Sofija Pavlenko, catcallsofmunich

Sie erklärt, dass man in solchen Situationen oft ein Gefühl von Ohnmacht spürt und erst später merkt, was man hätte tun können. Deswegen ist es sehr schwierig Betroffenen Tipps zu geben. Letztendlich ist es wichtig auf die Bedürfnisse der Opfer einzugehen und einen Rückzugsort anzubieten. Das Personal sollte zwischen den Parteien vermitteln den/die Täter*in dem Club verweisen und gegebenfalls die Polizei einschalten.

Wie kann man eine Cluberfahrung sicher und inklusiv gestalten?

Auch das Team vom WUT Kollektiv leistet Awareness-Arbeit auf Veranstaltungen. Auf Anfrage von Clubbetreiber*innen werden Konzepte und Schulungen ausgearbeitet, allerdings reiche es nicht ein kleines feministisches Kollektiv einzuladen, um diese Arbeit zu übernehmen. Um Nachtclubs zu einem safe space zu machen, brauche es Bewusstsein und Awareness-Leitfäden, die sich unter den Mitarbeitenden und Gästen etablieren müssen. Security Personal allein sei zu wenig.

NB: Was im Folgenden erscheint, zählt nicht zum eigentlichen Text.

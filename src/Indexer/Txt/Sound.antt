-- ===== src/Indexer/Txt/Sound.antt =====
-- Every entry of a text file's index is the place and the time of a line.
use drlog_search.Base.{
  ℕ, zero, suc, ◌+◌, ◌≤◌, true, false, ◌&&◌, ◌||◌, none, some, List, [], ◌∷◌, ◌++◌, append_assoc,
  Bytes, ◌==◌, ltb, ◌≡◌, refl, ap, ◌∙◌, ◌⊎◌, inl, inr, ◌≢◌, arith, drop, length, length-append,
  ==_iff, is_empty, Bool-cases, Option-cases, All,
}
use drlog_search.Text.{cut_at}
use drlog_search.Text.Find.{cut_at_sound}
use drlog_search.Indexer.Info.{TimeIndex}
use drlog_search.Indexer.Txt.{
  max_line_size, bucket_of, Indexing, is_due, record_line, index_line, index_cut, index_loop,
  close_index, index_from,
}
use drlog_search.Indexer.Txt.Entries.{
  LineAt, BeginsLine, Marks, Rising, Entries, Entries-weaken, Entries-concat,
}

is_empty_nil {ℓ} : {A : Type ℓ} (xs : List A) → is_empty xs ≡ true → xs ≡ []
is_empty_nil [] h = refl
is_empty_nil (x ∷ xs) h = absurd (ground (arith, h))

module _ (timestamp_of : Bytes → ℕ) (interval count_threshold : ℕ) where
  -- The last line that was seen, if it is not empty, stands where it is said, behind all entries.
  abbrev pub Seen : Bytes → Indexing → Type 0
  Seen file st =
      st.last_line ≢ []
      → LineAt file st.last_offset st.last_line
        × Entries timestamp_of interval count_threshold file st.last_offset st.outputs

  pub record Good (file : Bytes) (offset : ℕ) (st : Indexing) : Type 0 where
    pub entries : Entries timestamp_of interval count_threshold file offset st.outputs
    pub seen : Seen file st

  record_line-Entries :
      (file : Bytes) (st : Indexing) (offset : ℕ) (line : Bytes)
      → LineAt file offset line
      → timestamp_of line ≢ 0
      → Entries timestamp_of interval count_threshold file offset st.outputs
      → Entries timestamp_of interval count_threshold file offset
          (record_line timestamp_of interval count_threshold st offset (timestamp_of line)).outputs
  unfolding record_line
  record_line-Entries file st offset line at ne e =
      elim (Bool-cases (
        is_due timestamp_of interval count_threshold st (bucket_of interval (timestamp_of line)))) [
          | inl y ↦ rw y (
              Entries-concat timestamp_of interval count_threshold file offset st.outputs _ refl
                (record { line = line; at = at; timed = ne; time = inl refl }) e)
          | inr n ↦ rw n e
        ]

  record_line-keeps :
      (st : Indexing) (offset ts : ℕ)
      → ((record_line timestamp_of interval count_threshold st offset ts).last_line ≡ st.last_line)
        × ((record_line timestamp_of interval count_threshold st offset ts).last_offset
            ≡ st.last_offset)
  unfolding record_line
  record_line-keeps st offset ts = ground arith

  -- A line that is read keeps what is known.
  index_line-Good :
      (file : Bytes) (st : Indexing) (offset : ℕ) (line : Bytes)
      → LineAt file offset line
      → Good file offset st
      → Good file offset (index_line timestamp_of interval count_threshold st offset line).1
  unfolding index_line
  index_line-Good file st offset line at g = elim (Bool-cases (ltb max_line_size (length line))) [
    | inl y ↦ rw y (record { entries = g.entries; seen = g.seen })
    | inr n ↦ rw n (elim (Bool-cases (timestamp_of line == 0)) [
      | inl z ↦ rw z (record { entries = g.entries; seen = λ _. (at, g.entries) })
      | inr ne ↦ rw ne (
          let seen = record st { last_line = line; last_offset = offset } in
          let timed : timestamp_of line ≢ 0 = λ z. absurd (ground (arith, z, ne)) in
          let e = record_line-Entries file seen offset line at timed g.entries in
          let (k, l) = record_line-keeps seen offset (timestamp_of line) in
          record { entries = e; seen = λ _. rw (k, l) (at, e) })
    ])
  ]

  pub Good-weaken :
      (file : Bytes) (a b : ℕ) (st : Indexing) → a ≤ b → Good file a st → Good file b st
  Good-weaken file a b st h g = record {
    entries = Entries-weaken timestamp_of interval count_threshold file a b st.outputs h g.entries;
    seen = g.seen;
  }

  not_start :
      (position : ℕ) (st : Indexing)
      → st.last_line ≢ []
      → st.outputs ≢ []
      → (position ≡ 0 → (st.last_line ≡ []) ⊎ (st.outputs ≡ []))
      → (position == 0) ≡ false
  not_start position st l o z = elim (Bool-cases (position == 0)) [
    | inl y ↦ elim (z ((==_iff _ _).0 y)) [ inl h ↦ absurd (l h) | inr h ↦ absurd (o h) ]
    | inr n ↦ n
  ]

  close_index-Marks :
      (file : Bytes) (position offset : ℕ) (st : Indexing)
      → Good file offset st
      → (position ≡ 0 → (st.last_line ≡ []) ⊎ (st.outputs ≡ []))
      → All
          (Marks timestamp_of interval count_threshold file)
          (close_index timestamp_of interval count_threshold (position, st))
        × Rising timestamp_of interval count_threshold
            (close_index timestamp_of interval count_threshold (position, st))
  unfolding close_index
  close_index-Marks file position offset st g z =
      elim (Bool-cases
        (is_empty st.outputs || is_empty st.last_line || timestamp_of st.last_line == 0)) [
          | inl y ↦ rw y (g.entries.marks, g.entries.rising)
          | inr n ↦
              let some_line : st.last_line ≢ [] = λ h. absurd (ground (arith, n, h)) in
              let some_output : st.outputs ≢ [] = λ h. absurd (ground (arith, n, h)) in
              let timed : timestamp_of st.last_line ≢ 0 = λ h. absurd (ground (arith, n, h)) in
              let far : (position == 0) ≡ false = not_start position st some_line some_output z in
              let (at, e) = g.seen some_line in
              let last =
                Entries-concat timestamp_of interval count_threshold file st.last_offset st.outputs
                  (record { timestamp = timestamp_of st.last_line; offset = st.last_offset }) refl
                  (record { line = st.last_line; at = at; timed = timed; time = inr refl }) e in
              rw (n, far) (last.marks, last.rising)
        ]

  index_line-stops :
      (st : Indexing) (offset : ℕ) (line : Bytes)
      → (index_line timestamp_of interval count_threshold st offset line).0 ≡ true
      → (index_line timestamp_of interval count_threshold st offset line).1.outputs ≡ []
  unfolding index_line
  index_line-stops st offset line h = elim (Bool-cases (ltb max_line_size (length line))) [
    | inl y ↦ absurd (let z : false ≡ true = rw y at h in ground (arith, z))
    | inr n ↦ elim (Bool-cases (timestamp_of line == 0)) [
      | inl z ↦
          let k : (ltb 5000 (st.skipped_lines + 1) && is_empty st.outputs) ≡ true =
            rw (n, z) at h in
          rw (n, z) (is_empty_nil st.outputs (ground (arith, k)))
      | inr t ↦ absurd (let z : false ≡ true = rw (n, t) at h in ground (arith, z))
    ]
  ]

  index_loop-end :
      (fuel : ℕ) (rest : Bytes) (offset : ℕ) (st : Indexing)
      → cut_at b'\n' rest ≡ none
      → index_loop timestamp_of interval count_threshold (suc fuel) rest offset st ≡ (offset, st)
  unfolding index_loop index_cut
  index_loop-end fuel rest offset st h = ground (arith, h)

  index_loop-stop :
      (fuel : ℕ) (rest line rest' : Bytes) (offset : ℕ) (st : Indexing)
      → cut_at b'\n' rest ≡ some (line, rest')
      → (index_line timestamp_of interval count_threshold st offset line).0 ≡ true
      → index_loop timestamp_of interval count_threshold (suc fuel) rest offset st
        ≡ (offset, (index_line timestamp_of interval count_threshold st offset line).1)
  unfolding index_loop index_cut
  index_loop-stop fuel rest line rest' offset st h f = rw (h, f)

  index_loop-next :
      (fuel : ℕ) (rest line rest' : Bytes) (offset : ℕ) (st : Indexing)
      → cut_at b'\n' rest ≡ some (line, rest')
      → (index_line timestamp_of interval count_threshold st offset line).0 ≡ false
      → index_loop timestamp_of interval count_threshold (suc fuel) rest offset st
        ≡ index_loop timestamp_of interval count_threshold fuel rest'
            (offset + length line + 1)
            (index_line timestamp_of interval count_threshold st offset line).1
  unfolding index_loop index_cut
  index_loop-next fuel rest line rest' offset st h f = rw (h, f)

  -- What the loop leaves, to be closed.
  record Closable (file : Bytes) (r : ℕ × Indexing) : Type 0 where
    good : Good file r.0 r.1
    start : r.0 ≡ 0 → (r.1.last_line ≡ []) ⊎ (r.1.outputs ≡ [])

  index_loop-Closable :
      (fuel : ℕ) (file before rest : Bytes) (offset : ℕ) (st : Indexing)
      → file ≡ before ++ rest
      → length before ≡ offset
      → BeginsLine before
      → Good file offset st
      → (offset ≡ 0 → (st.last_line ≡ []) ⊎ (st.outputs ≡ []))
      → Closable file (index_loop timestamp_of interval count_threshold fuel rest offset st)
  index_loop-Closable zero file before rest offset st sp l b g z =
      unfold index_loop in record { good = g; start = z }
  index_loop-Closable (suc fuel) file before rest offset st sp l b g z =
      elim (Option-cases (cut_at b'\n' rest)) [
        | inl e ↦ rw (index_loop-end fuel rest offset st e) (record { good = g; start = z })
        | inr ((line, rest'), e) ↦
            let (cuts, lacks) = cut_at_sound b'\n' rest line rest' e in
            let at : LineAt file offset line = record {
              before = before;
              after = rest';
              splits = sp ∙ ap (◌++◌ before) cuts;
              placed = l;
              begins = b;
              whole = lacks;
            } in
            let g' = index_line-Good file st offset line at g in
            let before' = before ++ (line ++ b'\n' ∷ []) in
            elim (Bool-cases (index_line timestamp_of interval count_threshold st offset line).0) [
              | inl f ↦
                  rw (index_loop-stop fuel rest line rest' offset st e f)
                    (record { good = g'; start = λ _. inr (index_line-stops st offset line f) })
              | inr f ↦ rw (index_loop-next fuel rest line rest' offset st e f) (
                  index_loop-Closable fuel file before' rest' (offset + length line + 1) _
                    (sp ∙ rw (cuts, append_assoc, append_assoc))
                    (omega (
                      arith,
                      length-append before (line ++ b'\n' ∷ []),
                      length-append line (b'\n' ∷ []),
                    ))
                    (inr (before ++ line, rw append_assoc))
                    (Good-weaken file offset (offset + length line + 1) _ (omega arith) g')
                    (λ h. absurd (omega arith)))
            ]
      ]

  pub index_from-Marks :
      (file before rest : Bytes) (outputs : List TimeIndex) (bucket : ℕ)
      → file ≡ before ++ rest
      → drop (length before) file ≡ rest
      → BeginsLine before
      → Entries timestamp_of interval count_threshold file (length before) outputs
      → All
          (Marks timestamp_of interval count_threshold file)
          (index_from timestamp_of interval count_threshold file (length before) outputs bucket)
        × Rising timestamp_of interval count_threshold
            (index_from timestamp_of interval count_threshold file (length before) outputs bucket)
  unfolding index_from
  index_from-Marks file before rest outputs bucket sp dr b e =
      let c =
        index_loop-Closable (length file) file before rest (length before)
          (record {
            outputs = outputs;
            last_recorded_bucket = bucket;
            lines_since_last = 0;
            skipped_lines = 0;
            last_line = [];
            last_offset = 0;
          })
          sp refl b (record { entries = e; seen = λ h. absurd (h refl) }) (λ _. inl refl) in
      rw dr (close_index-Marks file _ _ _ c.good c.start)
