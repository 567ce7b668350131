-- ===== src/Indexer/Txt/Resume.antt =====
-- Going on with an index, or beginning one.
use drlog_search.Base.{
  ℕ, ◌≤◌, Option, none, some, List, [], ◌∷◌, ◌++◌, Bytes, ltb, ◌≡◌, refl, drop-append, ap, inl, inr,
  arith, length, Bool-cases, Option-cases, All,
}
use drlog_search.Indexer.Info.{TimeIndex, FileIndex}
use drlog_search.Indexer.Txt.{
  index_from, split_last, resume_from, resume, time_indexes_of, update_file_index_txt_mmap,
}
use drlog_search.Indexer.Txt.Entries.{Marks, UpTo, Rising}
use drlog_search.Indexer.Txt.Sound.{index_from-Marks}

All-split {ℓ} :
    {A : Type ℓ} (P : A → Type 0) (xs ys : List A) → All P (xs ++ ys) → All P xs × All P ys
All-split P [] ys h = (tt, h)
All-split P (x ∷ xs) ys h = let (a, b) = All-split P xs ys h.1 in ((h.0, a), b)

split_last-none : (xs : List TimeIndex) → split_last xs ≡ none → xs ≡ []
split_last-none [] h = refl
split_last-none (x ∷ xs) h = elim (Option-cases (split_last xs)) [
  | inl e ↦ absurd (
      let z : ◌≡◌ {A = Option (List TimeIndex × TimeIndex)} (some ([], x)) none = rw e at h in
      ground (arith, z))
  | inr ((ys, y), e) ↦ absurd (
      let z : ◌≡◌ {A = Option (List TimeIndex × TimeIndex)} (some (x ∷ ys, y)) none = rw e at h in
      ground (arith, z))
]

split_last_sound :
    (xs init : List TimeIndex) (last : TimeIndex)
    → split_last xs ≡ some (init, last)
    → xs ≡ init ++ last ∷ []
split_last_sound [] init last h = absurd (ground (arith, h))
split_last_sound (x ∷ xs) init last h = elim (Option-cases (split_last xs)) [
  | inl e ↦
      let here : ◌≡◌ {A = Option (List TimeIndex × TimeIndex)} (some ([], x)) (some (init, last)) =
        rw e at h in
      let (a, b) : ([] ≡ init) × (x ≡ last) = (cc, cc) in
      rw (← a, ← b) (ap (◌∷◌ x) (split_last-none xs e))
  | inr ((ys, y), e) ↦
      let here : ◌≡◌ {A = Option (List TimeIndex × TimeIndex)} (some (x ∷ ys, y))
          (some (init, last)) =
        rw e at h in
      let (a, b) : (x ∷ ys ≡ init) × (y ≡ last) = (cc, cc) in
      rw (← a, ← b) (ap (◌∷◌ x) (split_last_sound xs ys y e))
]

module _ (timestamp_of : Bytes → ℕ) (interval count_threshold : ℕ) where
  Rising-init :
      (xs : List TimeIndex) (t : TimeIndex)
      → Rising timestamp_of interval count_threshold (xs ++ t ∷ [])
      → Rising timestamp_of interval count_threshold xs
        × All (UpTo timestamp_of interval count_threshold t.offset) xs
  Rising-init [] t r = (tt, tt)
  Rising-init (x ∷ xs) t r =
      let (a, b) = All-split (λ y. x.offset ≤ y.offset) xs (t ∷ []) r.0 in
      let (c, d) = Rising-init xs t r.1 in ((a, c), (b.0, d))

  fresh-Marks :
      (file : Bytes)
      → All
          (Marks timestamp_of interval count_threshold file)
          (index_from timestamp_of interval count_threshold file 0 [] 0)
        × Rising timestamp_of interval count_threshold
            (index_from timestamp_of interval count_threshold file 0 [] 0)
  fresh-Marks file =
      index_from-Marks timestamp_of interval count_threshold file [] file [] 0 refl refl (inl refl)
        (record { marks = tt; rising = tt; up_to = tt })

  resume_from-Marks :
      (file : Bytes) (init : List TimeIndex) (last : TimeIndex)
      (o : Option (List TimeIndex × TimeIndex))
      → All (Marks timestamp_of interval count_threshold file) (init ++ last ∷ [])
      → Rising timestamp_of interval count_threshold (init ++ last ∷ [])
      → All
          (Marks timestamp_of interval count_threshold file)
          (resume_from timestamp_of interval count_threshold file init last o)
        × Rising timestamp_of interval count_threshold
            (resume_from timestamp_of interval count_threshold file init last o)
  unfolding resume_from
  resume_from-Marks file init last none m r = fresh-Marks file
  resume_from-Marks file init last (some (_, previous)) m r =
      elim (Bool-cases (ltb last.offset (length file))) [
        | inl y ↦
            let (ms, (l, _)) =
              All-split (Marks timestamp_of interval count_threshold file) init (last ∷ []) m in
            let (rising, up_to) = Rising-init init last r in
            let placed = l.at.placed in
            rw (y, ← placed)
              (index_from-Marks timestamp_of interval count_threshold file l.at.before
                (l.line ++ b'\n' ∷ l.at.after) init previous.timestamp l.at.splits
                (rw l.at.splits (drop-append l.at.before _)) l.at.begins
                (record { marks = ms; rising = rising; up_to = rw placed up_to }))
        | inr n ↦ rw n (fresh-Marks file)
      ]

  resume-Marks :
      (file : Bytes) (xs : List TimeIndex) (o : Option (List TimeIndex × TimeIndex))
      → split_last xs ≡ o
      → All (Marks timestamp_of interval count_threshold file) xs
      → Rising timestamp_of interval count_threshold xs
      → All
          (Marks timestamp_of interval count_threshold file)
          (resume timestamp_of interval count_threshold file o)
        × Rising timestamp_of interval count_threshold
            (resume timestamp_of interval count_threshold file o)
  unfolding resume
  resume-Marks file xs none e m r = fresh-Marks file
  resume-Marks file xs (some (init, last)) e m r =
      let s = split_last_sound xs init last e in
      resume_from-Marks file init last (split_last init) (rw s at m) (rw s at r)

  -- An index that is built anew, or gone on with from an index whose entries mark lines of the file
  -- and do not fall, has entries that mark lines of the file, and their offsets do not fall. An
  -- entry marks a line if the line begins at its offset, ends with a newline, has a timestamp, and
  -- the entry has that time or that of its bucket.
  pub update_file_index_txt_mmap-Marks :
      (index : Option FileIndex) (file : Bytes)
      → All (Marks timestamp_of interval count_threshold file) (time_indexes_of index)
      → Rising timestamp_of interval count_threshold (time_indexes_of index)
      → All
          (Marks timestamp_of interval count_threshold file)
          (update_file_index_txt_mmap timestamp_of interval count_threshold index (some file))
        × Rising timestamp_of interval count_threshold
            (update_file_index_txt_mmap timestamp_of interval count_threshold index (some file))
  unfolding update_file_index_txt_mmap
  update_file_index_txt_mmap-Marks index file m r =
      resume-Marks file (time_indexes_of index) (split_last (time_indexes_of index)) refl m r
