-- ===== src/Search.antt =====
-- src/agent/searcher.hpp and searcher.cpp.
pub mod Context
pub mod Exec
pub mod Lines
pub mod Window
pub mod Carry
pub mod Txt
pub mod Gzip
pub mod Run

Nadjia Mehraban vom WUT Kollektiv betont, dass Diversität von Innen gelebt werden muss, um eine Cluberfahrung für alle sicher zu machen:

„Es müssen mehr LGBTQIA+, BiPOC, Menschen mit Behinderung und Menschen aus anderen marginalisierten Gruppen auf allen Ebenen diese Räume selbst mitgestalten können. […] Eine kritische Masse aus marginalisierten Gruppen. Diese Menschen könnten dann etwas bewegen und ein inklusives Nachtleben für alle gestalten.“

Nadjia Mehraban, WUT Kollektiv

Anmerkung: Pimpernel und 089 Bar wollten sich nicht zu der Thematik äußern. Hemmungslos, Rote Sonne, P1, Filmcasino, Neuraum, Call Me Drella und Unter Deck haben nicht auf unsere Anfrage reagiert.